The increased adoption of cloud computing is inevitable, but it is both reckless and unrealistic to view IAM as just another one of those services, particularly for large organizations.

Currently, everybody seems to be focused on the idea of moving IAM tools to the cloud (which, by the way, does nothing to alleviate the process and governance issues that make IAM projects so notoriously complex---it simply moves these problems somewhere else). Instead of viewing IAM as just another commodity, we should be thinking about how to help organizations evolve robust governance strategies for managing cloud identities. I know this isn't as sexy as the idea of cloud-based IAM products, but it is far more relevant to the average CIO.

Saturday, October 29, 2011

Is Logical/Physical Convergence the Next Big Thing in IAM?

Traditional identity and access management describes the processes, systems and policies that are used to identify individuals to information systems, control what privileges they have, and what they are doing with those privileges. By now, this is all well understood.

But why should IAM be restricted only to systems? For most large organizations, the need to control physical access to secure facilities and locations is every bit as relevant to a holistic security strategy as controlling access to applications and data. Corporations spend millions of dollars on physical security systems such as CCTV, electronic barriers and identification cards, designed to prevent unauthorized personnel from accessing restricted areas. Typically, these systems are centrally managed by a Corporate Security department, so that individuals are only granted the physical access required of their jobs, and any attempted security breaches can be immediately detected.

You see where I'm going with this, right? Conceptually, physical security represents the most basic IAM use case. One could almost think of buildings as applications and areas within those buildings as fine-grained entitlements, and the paradigm for physical security is identical to that of I.T. security. Once you make that connection, there is no reason why physical security could not be assigned using RBAC. Indeed, most commercial physical security systems already provide for role-based access.

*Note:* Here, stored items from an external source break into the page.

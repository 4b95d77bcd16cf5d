-- ===== src/Spaces/Page/Edits.antt =====
-- `applyPageEdits` (src/spaces/page/page-input.ts) against an independent description of it.
use gomer.Base.{
  ℕ, suc, ◌+◌, ◌≤◌, ◌≡◌, refl, Bool-cases, Option-cases, inl, inr, true, false, none, some, Option,
  List, [], ◌∷◌, ◌++◌, arith, ◌==◌, ==_iff, ◌⊎◌, length, length-append, all,
}
use gomer.Base.Text.{is_white}
use gomer.Spaces.Page.{
  Units, PageEdit, EditError, empty_find, no_match, many_matches, Progress, PageError, page,
  not_changed, cut, matches_from, is_empty, replaced, add_error, apply_edit, apply_edits,
  apply_page_edits, page_error, checked, settled, has_tag, max_page_chars,
}
use gomer.Spaces.Page.Matches.{cut-eq, cut-found, cut-first, cut-matches, matches_from-zero, Occurs}

-- The first place where a text stands in a page, and it stands nowhere behind it.
pub record IsOnly (find html before after : Units) : Type 0 where
  pub stands : html ≡ before ++ (find ++ after)
  pub first : (b a : Units) → html ≡ b ++ (find ++ a) → length before ≤ length b
  pub last : Occurs find after → ⊥

-- A text becomes another by edits in order, each of which is well-formed and looks for a text that is
-- not empty, and which stands nowhere behind the first place where it stands; there it is replaced.
pub data Applied : Units → List (Option PageEdit) → Units → Type 0 where
  done : (html : Units) → Applied html [] html
  edited :
      (html before after result : Units) (edit : PageEdit) (edits : List (Option PageEdit))
      → is_empty edit.find ≡ false
      → IsOnly edit.find html before after
      → Applied (before ++ (edit.replace ++ after)) edits result
      → Applied html (some edit ∷ edits) result

-- What one edit does when it adds no error.
abbrev Replaces : Option PageEdit → Progress → Progress → Type 0
Replaces none s s' = ⊥
Replaces (some edit) s s' =
    (before : Units) × (after : Units) × IsOnly edit.find s.result before after
    × (is_empty edit.find ≡ false)
    × (s'.result ≡ before ++ (edit.replace ++ after))
    × (s'.errors ≡ s.errors)

cut-IsOnly :
    (f s before after : Units)
    → is_empty f ≡ false
    → matches_from f 0 s ≡ 1
    → cut f s ≡ some (before, after)
    → IsOnly f s before after
cut-IsOnly f s before after full one found =
    let more = cut-matches f s before after full found in
    record {
      stands = cut-eq f s before after found;
      first = λ b a there. cut-first f s before after b a found there;
      last = matches_from-zero f after full (omega (arith, more, one));
    }

-- An edit adds one error and changes nothing, or adds none and replaces its only match.
abbrev Outcomes : Option PageEdit → Progress → Progress → Type 0
Outcomes edit s s' = ((e : EditError) × (s' ≡ add_error e s)) ⊎ Replaces edit s s'

apply_edit-Outcomes :
    (i : ℕ) (edit : Option PageEdit) (s : Progress) → Outcomes edit s (apply_edit i edit s)
unfolding apply_edit
apply_edit-Outcomes i none s = inl (_, refl)
apply_edit-Outcomes i (some edit) s = elim (Bool-cases (is_empty edit.find)) [
  | inl blank ↦ inl (empty_find i, rw (blank, apply_edit) refl)
  | inr full ↦ elim (Bool-cases (matches_from edit.find 0 s.result == 0)) [
    | inl missing ↦ inl (no_match i, rw (full, missing, apply_edit) refl)
    | inr there ↦ elim (Bool-cases (matches_from edit.find 0 s.result == 1)) [
      | inr many ↦ inl (
        many_matches i (matches_from edit.find 0 s.result),
        rw (full, there, many, apply_edit) refl,
      )
      | inl one ↦ elim (Option-cases (cut edit.find s.result)) [
        | inl lost ↦ let zero_there = cut-found edit.find s.result lost in cc (rw zero_there at one)
        | inr ((before, after), found) ↦
            let e : apply_edit i (some edit) s
                ≡ record s { result = before ++ (edit.replace ++ after) } =
              rw (full, there, one, apply_edit) (rw (found, replaced) refl) in
            inr (
              before,
              after,
              cut-IsOnly edit.find s.result before after full
                  ((==_iff (matches_from edit.find 0 s.result) 1).0 one) found,
              full,
              rw e refl,
              rw e refl,
            )
      ]
    ]
  ]
]

last_there : (es : List EditError) (e : EditError) → es ++ e ∷ [] ≡ [] → ⊥
last_there [] e h = cc
last_there (x ∷ es) e h = cc

Replaces-Applied :
    (edit : Option PageEdit) (edits : List (Option PageEdit)) (s s' : Progress) (result : Units)
    → Replaces edit s s'
    → Applied s'.result edits result
    → Applied s.result (edit ∷ edits) result
Replaces-Applied none edits s s' result h later = elim h [ ]
Replaces-Applied (some edit) edits s s' result (before, after, only, full, becomes, same) later =
    edited s.result before after result edit edits full only (rw (← becomes) later)

Replaces-errors :
    (edit : Option PageEdit) (s s' : Progress) → Replaces edit s s' → s'.errors ≡ [] → s.errors ≡ []
Replaces-errors none s s' h e = elim h [ ]
Replaces-errors (some edit) s s' (before, after, only, full, becomes, same) e = cc

apply_edits-Applied :
    (i : ℕ) (edits : List (Option PageEdit)) (s : Progress)
    → (apply_edits i edits s).errors ≡ []
    → (s.errors ≡ []) × Applied s.result edits (apply_edits i edits s).result
unfolding apply_edits
apply_edits-Applied i [] s e = (e, done s.result)
apply_edits-Applied i (edit ∷ edits) s e =
    let s' = apply_edit i edit s in
    let (clean, later) = apply_edits-Applied (suc i) edits s' e in
    elim (apply_edit-Outcomes i edit s) [
      | inl (x, fails) ↦
          let errors : s.errors ++ x ∷ [] ≡ [] = rw fails at clean in
          elim (last_there s.errors x errors) [ ]
      | inr replaces ↦ (
        Replaces-errors edit s s' replaces clean,
        Replaces-Applied edit edits s s' (apply_edits (suc i) edits s').result replaces later,
      )
    ]

checked-page :
    (html result : Units) (o : Option PageError)
    → checked html o ≡ page result
    → (o ≡ none) × (html ≡ result)
checked-page html result none e = (refl, cc)
checked-page html result (some x) e = cc

List-cases :
    (es : List EditError)
    → (es ≡ []) ⊎ ((x : EditError) × (rest : List EditError) × (es ≡ x ∷ rest))
List-cases [] = inl refl
List-cases (x ∷ es) = inr (x, es, refl)

settled-page :
    (s : Progress) (result : Units)
    → settled s ≡ page result
    → (s.errors ≡ []) × (page_error s.result ≡ none) × (s.result ≡ result)
settled-page s result e = elim (List-cases s.errors) [
  | inl clean ↦
      let (valid, same) = checked-page s.result result (page_error s.result) (rw clean at e) in
      (clean, valid, same)
  | inr (x, es, errors) ↦ cc (rw errors at e)
]

page_error-none :
    (html : Units)
    → page_error html ≡ none
    → (all is_white html ≡ false) × (length html ≤ max_page_chars) × (has_tag html ≡ true)
unfolding page_error
page_error-none html e = (ground arith, ground arith, ground arith)

-- When edits are accepted, the new page is the old one changed by each of them in order. Each was
-- well-formed, and at its turn its text is replaced at the first place where it stood, and it stood
-- nowhere behind that place; it may have stood a second time overlapping the first. And the result is
-- a page: not blank, of 300,000 units at the most, and with a tag in it.
pub apply_page_edits-Applied :
    (html result : Units) (edits : List (Option PageEdit))
    → apply_page_edits html edits ≡ page result
    → Applied html edits result
      × (all is_white result ≡ false)
      × (length result ≤ max_page_chars)
      × (has_tag result ≡ true)
unfolding apply_page_edits
apply_page_edits-Applied html result [] e = cc
apply_page_edits-Applied html result (edit ∷ edits) e =
    let s = apply_edits 0 (edit ∷ edits) (record { result = html; errors = [] }) in
    let (clean, valid, same) = settled-page s result e in
    let applied =
      (apply_edits-Applied 0 (edit ∷ edits) (record { result = html; errors = [] }) clean).1 in
    let (white, short, tag) = page_error-none s.result valid in
    rw (← same) (applied, white, short, tag)

same_errors :
    (edit : Option PageEdit) (s s' : Progress)
    → Replaces edit s s'
    → length s'.errors ≤ length s.errors + 1
same_errors none s s' h = elim h [ ]
same_errors (some edit) s s' (before, after, only, full, becomes, same) = rw same (omega arith)

apply_edit-errors :
    (i : ℕ) (edit : Option PageEdit) (s : Progress)
    → length (apply_edit i edit s).errors ≤ length s.errors + 1
apply_edit-errors i edit s = elim (apply_edit-Outcomes i edit s) [
  | inl (x, fails) ↦ rw fails (omega (arith, length-append s.errors (x ∷ [])))
  | inr replaces ↦ same_errors edit s (apply_edit i edit s) replaces
]

apply_edits-errors :
    (i : ℕ) (edits : List (Option PageEdit)) (s : Progress)
    → length (apply_edits i edits s).errors ≤ length s.errors + length edits
unfolding apply_edits
apply_edits-errors i [] s = omega arith
apply_edits-errors i (edit ∷ edits) s =
    omega
      (arith, apply_edit-errors i edit s, apply_edits-errors (suc i) edits (apply_edit i edit s))

never :
    (html : Units) (o : Option PageError) (errors : List EditError)
    → checked html o ≡ not_changed errors
    → ⊥
never html none errors e = cc
never html (some x) errors e = cc

settled-not_changed :
    (s : Progress) (errors : List EditError)
    → settled s ≡ not_changed errors
    → (s.errors ≡ errors) × (1 ≤ length errors)
settled-not_changed s errors e = elim (List-cases s.errors) [
  | inl clean ↦ elim (never s.result (page_error s.result) errors (rw clean at e)) [ ]
  | inr (x, es, errors_there) ↦
      let same : x ∷ es ≡ errors = cc (rw errors_there at e) in (cc, rw (← same) (omega arith))
]

-- Edits that are refused for what they are report at least one error and no more than one for each
-- edit.
pub apply_page_edits-errors :
    (html : Units) (edits : List (Option PageEdit)) (errors : List EditError)
    → apply_page_edits html edits ≡ not_changed errors
    → (1 ≤ length errors) × (length errors ≤ length edits)
unfolding apply_page_edits
apply_page_edits-errors html [] errors e = cc
apply_page_edits-errors html (edit ∷ edits) errors e =
    let start : Progress = record { result = html; errors = [] } in
    let (same, some_there) = settled-not_changed (apply_edits 0 (edit ∷ edits) start) errors e in
    (some_there, rw (← same) (omega (arith, apply_edits-errors 0 (edit ∷ edits) start)))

Yet, for some inexplicable reason, physical and logical security are still generally viewed as two separate disciplines, which makes no sense to me. I suspect this is because in most organizations, I.T. Security and Corporate Security are distinct organizations, and there is often very little cross-pollenation between the two. IAM vendors, for their part, clearly haven't felt any pressing need to address this gap, and still focus almost exclusively on managing access to I.T. systems.

Some of the advantages to logical/physical convergence seem glaringly obvious:
  • Reduced TCO achieved by centralized management of all access policies, instead of having to maintain separate systems and processes for logical and physical access.
  • Greater compliance with regulatory mandates such as HSPD-12, GLBA, SOX and FIPS-201.
  • Streamlined offboarding processes, which is particularly important when dealing with a sensitive termination scenario.
  • Smartcards can serve a dual purpose of granting physical access to corporate facilities and providing a second factor of authentication to sensitive systems and data.
Of course, a converged IAM offering would need to be sold in a different manner from traditional IAM solutions. In many cases, IAM products are pitched at the Director/VP level of an I.T. organization, and sometimes at an even lower level than that, particularly when the solution is being acquired to address an urgent tactical need. But only a CIO, CEO, CTO or CCO usually has the appropriate authority over both I.T. and Corporate Security to appreciate the value of a converged offering, and has the political muscle to mandate its implementation. This is yet another reason, as I've argued before, why IAM needs to be positioned more as a corporate governance asset than a back-office I.T. function.

From a technical standpoint, supporting logical/physical convergence should not require a significant re-engineering effort for most IAM vendors. So I find myself asking, why hasn't this happened so far, and who will be the first to address the gap?